Intérêt de la décision

Le contour de l’obligation d’information fait régulièrement l’objet de précisions dans la jurisprudence.

L’obligation de réactivité et de proactivité est actuellement comprise comme faisant partie intégrante de l’information, dans la mesure où elle a une influence sur le maintien ou l’étendue des droits aux prestations sociales. L’organisme de sécurité sociale doit, dans de telles hypothèses, informer l’assuré social sur les démarches à accomplir ou sur les obligations à respecter afin de sauvegarder ses droits.

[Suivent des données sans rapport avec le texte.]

-- ===== src/Torch/Identity.antt =====
-- native/src/training/nn_v2_state.h: the identities of Torch tensors, which a cache keeps by the address
-- of the tensor of libtorch.
pub mod Distinct
pub mod Sound
use tensora.Core.Status.{fail_internal}
use tensora.Float.{Float32}
use tensora.Tensor.{Tensor}
use tensora.Heap.{guarded, load_storage}
use tensora.Steps.{Result, Steps, ◌>>=◌, ◌>>◌, return, check, Output, to_caller, need}
use tensora.Storage.{kind}
use tensora.Training.Assign.{tensor_identity}
use tensora.Torch.Bridge.{is_torch}
use tensora.Torch.Library.{Torch, TorchHost, Torched, on_heap_of}
use tensora.Torch.Backend.{tensor_to_torch}
use tensora.Prelude.{
  ℕ, ◌+◌, ◌%◌, ◌^◌, ◌==◌, not, Bool, Option, none, some, List, [], ◌∷◌, if◌then◌else◌,
}

-- `TorchIdentityEntry`. A weak pointer is the address of what it points to: while there is one, the
-- memory is not used again.
pub record TorchIdentityEntry : Type 0 where
  pub identity : ℕ
  pub tensor_impl : ℕ

abbrev pub Identities : Type 0
Identities = List (ℕ × TorchIdentityEntry)

-- `TorchIdentityMap()`, an `unordered_map` as an association list, and `NextTorchIdentity()`.
pub record IdentityCache : Type 0 where
  pub identities : Identities
  pub next : ℕ

abbrev pub empty_cache : IdentityCache
empty_cache = record { identities = []; next = 2 ^ 63 }

-- What it uses of libtorch: `getIntrusivePtr().get()`, and whether nothing owns a tensor any more.
pub record TorchImpls (X R : Type 0) : Type 0 where
  pub address : X → ℕ
  pub expired : ℕ → R → Bool

pub record IdentityState (F X R : Type 0) : Type 0 where
  pub host : TorchHost F X R
  pub cache : IdentityCache

-- `PruneExpiredTorchIdentitiesLocked`
pub prune_expired : (ℕ → Bool) → Identities → Identities
prune_expired expired [] = []
prune_expired expired ((key, e) ∷ rest) =
    let kept = prune_expired expired rest in if expired e.tensor_impl then kept else (key, e) ∷ kept

-- `identities.find(key)`
unfoldable pub find_identity : ℕ → Identities → Option TorchIdentityEntry
find_identity key [] = none
find_identity key ((k, e) ∷ rest) = if k == key then some e else find_identity key rest

module _ {F X R : Type 0} where
  abbrev pub on_identity_host : {A : Type 0} → Torched F X R A → Steps (IdentityState F X R) A
  on_identity_host m s = let (r, h) = m s.host in (r, record s { host = h })

  -- The identity that is given next.
  abbrev pub take_next : Steps (IdentityState F X R) ℕ
  take_next s = (
    Result.done s.cache.next,
    record s { cache = record s.cache { next = (s.cache.next + 1) % 2 ^ 64 } },
  )

  -- `remember_identity`, of a key that the map does not have.
  abbrev pub remember_identity : ℕ → ℕ → Steps (IdentityState F X R) ℕ
  remember_identity key assigned s = (
    Result.done assigned,
    record s {
      cache = record s.cache {
        identities = (key, record { identity = assigned; tensor_impl = key }) ∷ s.cache.identities;
      };
    },
  )

  -- A new identity for the key.
  assign_identity : ℕ → Steps (IdentityState F X R) ℕ
  unfolding guarded
  assign_identity key = do
    assigned ← λ s.
        (do
          check (not (s.cache.next == 0))
              (fail_internal "tensor_identity: opaque identity space exhausted")
          take_next)
          s
    on_identity_host (on_heap_of (guarded "tensor_identity" 0))
    remember_identity key assigned

  -- What the cache answers for the key, once it is pruned.
  answer_identity : ℕ → Option TorchIdentityEntry → Steps (IdentityState F X R) ℕ
  unfolding assign_identity
  answer_identity key (some e) = return e.identity
  answer_identity key none = assign_identity key

  -- `TorchIdentity`
  unfoldable pub torch_identity :
      Torch F X R → TorchImpls X R → ⦃fl : Float32 F⦄ → Tensor → Steps (IdentityState F X R) ℕ
  unfolding tensor_to_torch prune_expired answer_identity find_identity
  torch_identity torch impls t = do
    value ← on_identity_host (tensor_to_torch torch t to_caller)
    pruned ← λ s.
        (Result.done (prune_expired (λ w. impls.expired w s.host.runtime) s.cache.identities), s)
    λ s.
        answer_identity (impls.address value) (find_identity (impls.address value) pruned)
          (record s { cache = record s.cache { identities = pruned } })

  -- `TensorIdentity` of a build with libtorch.
  unfoldable pub torch_tensor_identity :
      Torch F X R
      → TorchImpls X R
      → ⦃fl : Float32 F⦄ → Tensor
      → Output
      → Steps (IdentityState F X R) ℕ
  unfolding torch_identity kind tensor_identity
  torch_tensor_identity torch impls t out = do
    need out "tensor_identity: output pointer is null"
    storage ← on_identity_host (on_heap_of (load_storage t.storage))
    if is_torch (kind storage)
        then torch_identity torch impls t
        else on_identity_host (on_heap_of (tensor_identity t out))
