-- ===== src/Torch/Identity/Distinct.antt =====
-- native/src/training/nn_v2_state.h: caches of identities whose keys and identities are distinct.
use tensora.Torch.Identity.{
  TorchIdentityEntry, Identities, IdentityCache, prune_expired, find_identity,
}
use tensora.Prelude.{
  ℕ, ◌+◌, ◌%◌, ◌^◌, ◌==◌, ◌<◌, ◌≤◌, ◌≡◌, ◌≢◌, refl, sym, ap, subst, arith, not, Bool, true, false,
  none, some, [], ◌∷◌, if◌then◌else◌, Bool-cases, inl, inr, ==→≡, ≡→==,
}

-- No entry has the key or the identity.
abbrev pub Fresh : ℕ → ℕ → Identities → Type 0
Fresh key identity [] = Unit
Fresh key identity ((k, e) ∷ rest) = (k ≢ key) × (e.identity ≢ identity) × Fresh key identity rest

-- The entries have distinct keys and distinct identities below the bound, and each points to its key.
abbrev pub Distinct : ℕ → Identities → Type 0
Distinct bound [] = Unit
Distinct bound ((k, e) ∷ rest) =
    (e.identity < bound) × (e.tensor_impl ≡ k) × Fresh k e.identity rest × Distinct bound rest

-- After the last identity the next one is 0.
abbrev pub bound : ℕ → ℕ
bound next = if next == 0 then 2 ^ 64 else next

abbrev pub IsSound : IdentityCache → Type 0
IsSound c = (c.next < 2 ^ 64) × Distinct (bound c.next) c.identities

Fresh-prune_expired :
    (expired : ℕ → Bool) (key identity : ℕ) (m : Identities)
    → Fresh key identity m
    → Fresh key identity (prune_expired expired m)
unfolding prune_expired
Fresh-prune_expired expired key identity [] f = tt
Fresh-prune_expired expired key identity ((k, e) ∷ m) f =
    ground (arith, Fresh-prune_expired expired key identity m f.2)

pub Distinct-prune_expired :
    (expired : ℕ → Bool) (n : ℕ) (m : Identities)
    → Distinct n m
    → Distinct n (prune_expired expired m)
unfolding prune_expired
Distinct-prune_expired expired n [] d = tt
Distinct-prune_expired expired n ((k, e) ∷ m) d = elim (Bool-cases (expired e.tensor_impl)) [
  | inl dead ↦ rw dead (Distinct-prune_expired expired n m d.3)
  | inr lives ↦ rw lives (
    d.0,
    d.1,
    Fresh-prune_expired expired k e.identity m d.2,
    Distinct-prune_expired expired n m d.3,
  )
]

-- An entry of a tensor that is owned stays.
pub find_identity-prune_expired :
    (expired : ℕ → Bool) (n key : ℕ) (m : Identities) (found : TorchIdentityEntry)
    → Distinct n m
    → expired key ≡ false
    → find_identity key m ≡ some found
    → find_identity key (prune_expired expired m) ≡ some found
unfolding prune_expired find_identity
find_identity-prune_expired expired n key [] found d lives e = e
find_identity-prune_expired expired n key ((k, x) ∷ m) found d lives e =
    ground (arith, find_identity-prune_expired expired n key m found d.3 lives)

Fresh-find_identity :
    (n key : ℕ) (m : Identities) → Distinct n m → find_identity key m ≡ none → Fresh key n m
unfolding find_identity
Fresh-find_identity n key [] d e = tt
Fresh-find_identity n key ((k, x) ∷ m) d e = ground (arith, Fresh-find_identity n key m d.3)

Distinct-le : (n n' : ℕ) (m : Identities) → n ≤ n' → Distinct n m → Distinct n' m
Distinct-le n n' [] le d = tt
Distinct-le n n' ((k, x) ∷ m) le d = (omega arith, d.1, d.2, Distinct-le n n' m le d.3)

Fresh-found :
    (k i key : ℕ) (m : Identities) (x : TorchIdentityEntry)
    → Fresh k i m
    → find_identity key m ≡ some x
    → x.identity ≢ i
unfolding find_identity
Fresh-found k i key [] x f e = cc
Fresh-found k i key ((k', y) ∷ m) x f e = ground (arith, Fresh-found k i key m x f.2)

-- Entries with one identity have one key.
pub identity_key :
    (n a b : ℕ) (m : Identities) (x y : TorchIdentityEntry)
    → Distinct n m
    → find_identity a m ≡ some x
    → find_identity b m ≡ some y
    → x.identity ≡ y.identity
    → a ≡ b
unfolding find_identity
identity_key n a b [] x y d e f same = cc
identity_key n a b ((k, z) ∷ m) x y d e f same = ground (
  arith,
  identity_key n a b m x y d.3,
  Fresh-found k z.identity a m x d.2,
  Fresh-found k z.identity b m y d.2,
)

-- What a call leaves of a sound cache: it is sound, it has the identity that is given for the key, and
-- the entries of tensors that are owned stay.
abbrev pub Answered : (ℕ → Bool) → ℕ → IdentityCache → ℕ → IdentityCache → Type 0
Answered expired key before i after =
    IsSound after
    × ((e : TorchIdentityEntry) × (find_identity key after.identities ≡ some e) × (e.identity ≡ i))
    × ((k : ℕ) (e : TorchIdentityEntry)
        → expired k ≡ false
        → find_identity k before.identities ≡ some e
        → find_identity k after.identities ≡ some e)

pub nonzero : (n : ℕ) → not (n == 0) ≡ true → n ≢ 0
nonzero n e = ground arith

-- The cache with one more entry, and after the next identity is given to a key.
abbrev pub with_entry : ℕ → ℕ → IdentityCache → IdentityCache
with_entry key identity c = record c {
  identities = (key, record { identity = identity; tensor_impl = key }) ∷ c.identities;
}

abbrev pub given : ℕ → IdentityCache → IdentityCache
given key c = with_entry key c.next (record c { next = (c.next + 1) % 2 ^ 64 })

bound-nonzero : (n : ℕ) → n ≢ 0 → bound n ≡ n
bound-nonzero n more = ground arith

bound-next : (n : ℕ) → n < 2 ^ 64 → bound ((n + 1) % 2 ^ 64) ≡ n + 1
bound-next n small = elim (Bool-cases ((n + 1) % 2 ^ 64 == 0)) [
  | inl last ↦ rw last (omega (arith, ==→≡ ((n + 1) % 2 ^ 64) 0 last))
  | inr more ↦ rw more (omega (arith, nonzero ((n + 1) % 2 ^ 64) (ap not more)))
]

find_identity-with_entry :
    (key identity k : ℕ) (m : Identities) (e : TorchIdentityEntry)
    → find_identity key m ≡ none
    → find_identity k m ≡ some e
    → find_identity k ((key, record { identity = identity; tensor_impl = key }) ∷ m) ≡ some e
unfolding find_identity
find_identity-with_entry key identity k m e missing has = elim (Bool-cases (key == k)) [
  | inl same ↦ cc (missing, has, ==→≡ key k same)
  | inr other ↦ rw other has
]

find_identity-new :
    (key identity : ℕ) (m : Identities)
    → find_identity key ((key, record { identity = identity; tensor_impl = key }) ∷ m)
      ≡ some (record { identity = identity; tensor_impl = key })
unfolding find_identity
find_identity-new key identity m = rw (≡→== key key refl) refl

-- A new entry, where the cache has none for the key.
pub given-Answered :
    (expired : ℕ → Bool) (key : ℕ) (before : IdentityCache)
    → IsSound before
    → before.next ≢ 0
    → find_identity key (prune_expired expired before.identities) ≡ none
    → Answered expired key before before.next
        (given key (record before { identities = prune_expired expired before.identities }))
given-Answered expired key before (small, distinct) more missing =
    let n = before.next in
    let m = prune_expired expired before.identities in
    let old : Distinct n m =
      subst (λ b. Distinct b m) (bound-nonzero n more)
        (Distinct-prune_expired expired (bound n) before.identities distinct) in
    let m' : Identities = (key, record { identity = n; tensor_impl = key }) ∷ m in
    let after : Distinct (n + 1) m' = (
      omega arith,
      refl,
      Fresh-find_identity n key m old missing,
      Distinct-le n (n + 1) m (omega arith) old,
    ) in
    (
      (omega arith, subst (λ b. Distinct b m') (sym (bound-next n small)) after),
      (record { identity = n; tensor_impl = key }, find_identity-new key n m, refl),
      λ k e lives has.
          find_identity-with_entry key n k m e missing (
            find_identity-prune_expired expired (bound n) k before.identities e distinct lives has),
    )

Relevons à cet égard un arrêt de la Cour du travail de Bruxelles du 3 juin 2013 (C. trav. Bruxelles, 3 juin 2013, R.G. n° 2012/AB/152, (précédemment commenté)) rendu dans la matière des prestations aux personnes handicapées, où la cour du travail avait été amenée à préciser que dans cette matière, l’obligation légale est définie comme visant tous les renseignements éclairant la situation personnelle de l’intéressé et portant notamment sur les conditions d’ouverture du droit à une allocation.

La demande d’information est d’ailleurs généralement interprétée de manière très large (ainsi que le précise la Cour du travail de Bruxelles dans cet arrêt du 3 juin 2013).

Les exemples foisonnent, dans les décisions de jurisprudence récente, quant à l’étendue des obligations de diverses institutions de sécurité sociale (voir notamment C. trav. Mons, 22 mai 2014, R.G. n° 2013/AM/314 pour la faute d’un organisme assureur en AMI ou encore C. trav. Bruxelles, 8 septembre 2014, R.G. n° 2013/AB/987 pour les obligations de la CAPAC, notamment).